La vida de Santa María concluye con la Asunción al cielo; es lo que celebramos en estos días. Fue el premio dado por Dios a sus años de fe sacrificada y a sus esfuerzos por vivir constantemente para Dios, tal como se lo prometió: "he aquí la esclava del Señor, hágase en mí según tu palabra" (Lc. 1,38).

La presencia de esta fiesta en medio del verano nos recuerda que esa debe ser también la pauta de toda nuestra vida cristiana. Y que, si procuramos hacerlo así, algún día encontraremos -como Ella- el premio definitivo a nuestros esfuerzos.

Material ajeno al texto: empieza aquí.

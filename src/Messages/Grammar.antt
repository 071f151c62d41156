-- ===== src/Messages/Grammar.antt =====
-- The order of events that the Messages dialect prescribes, as an automaton over the events.
use zealish_router.Base.{
  ℕ, ◌+◌, ◌≡◌, refl, ap, ◌∙◌, Bool, Option, none, some, List, [], ◌∷◌, ◌++◌, leb, ◌==◌,
  if◌then◌else◌,
}
use zealish_router.Messages.{
  MessageEvent, message_start, block_start, text_delta, input_delta, block_stop, message_delta,
  message_stop, ping,
}

-- `between n`: n blocks are done; `inside n`: the block of index n is open.
pub data Phase : Type 0 where
  before closing over : Phase
  between inside : ℕ → Phase

-- Which block a delta may name while block `n` is open: that block, or, if the reader is not
-- strict, any block opened so far.
abbrev pub names : Bool → ℕ → ℕ → Bool
names strict n index = if strict then index == n else leb index n

module _ (strict : Bool) where
  abbrev pub read : Phase → MessageEvent → Option Phase
  read before (message_start id model) = some (between 0)
  read (between n) (block_start index block) = if index == n then some (inside n) else none
  read (inside n) (text_delta index text) = if index == n then some (inside n) else none
  read (inside n) (input_delta index text) = if names strict n index then some (inside n) else none
  read (inside n) (block_stop index) = if index == n then some (between (n + 1)) else none
  read (between n) (message_delta reason usage) = some closing
  read closing message_stop = some over
  read p ping = some p
  read p e = none

  abbrev pub read_next : MessageEvent → Option Phase → Option Phase
  read_next e none = none
  read_next e (some p) = read p e

  unfoldable pub read_from : Option Phase → List MessageEvent → Option Phase
  read_from o [] = o
  read_from o (e ∷ es) = read_from (read_next e o) es

  pub read_from-append :
      (o : Option Phase) (es : List MessageEvent) (e : MessageEvent)
      → read_from o (es ++ e ∷ []) ≡ read_next e (read_from o es)
  unfolding read_from
  read_from-append o [] e = refl
  read_from-append o (d ∷ es) e = read_from-append (read_next d o) es e

  -- Where a reader is after these events.
  unfoldable pub reads : List MessageEvent → Option Phase
  reads es = read_from (some before) es

  pub reads-append :
      (es : List MessageEvent) (e : MessageEvent) {p : Phase}
      → reads es ≡ some p
      → reads (es ++ e ∷ []) ≡ read p e
  unfolding reads
  reads-append es e h = read_from-append (some before) es e ∙ ap (read_next e) h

La Asunción nos ayuda a levantar la mirada al cielo; a poner nuestra esperanza ante todo en los bienes eternos. No es que los creyentes despreciemos las cosas de este mundo: las valoramos adecuadamente. Pero nos viene como anillo al dedo que, de vez en cuando, se nos recuerde que el tiempo presente es caduco –en su sentido más pleno–, y que las esperanzas meramente terrenas resultan al cabo insuficientes, si no frustrantes.

Las vacaciones pasan, estamos a más de la mitad. ¿Qué quedará de ellas dentro de unos meses? No el descanso, ni el color tostado del sol, ni muchas de las efímeras amistades veraniegas. Dejará huella en nuestra alma lo que, en este tiempo, hayamos hecho por amar más a Dios y al prójimo: las buenas obras, los sacrificios por los demás. Esta huella permanecerá porque busca, como motivo último de su actuación, lo que no tiene dimensión terrena sino eterna.

Con mi bendición y afecto.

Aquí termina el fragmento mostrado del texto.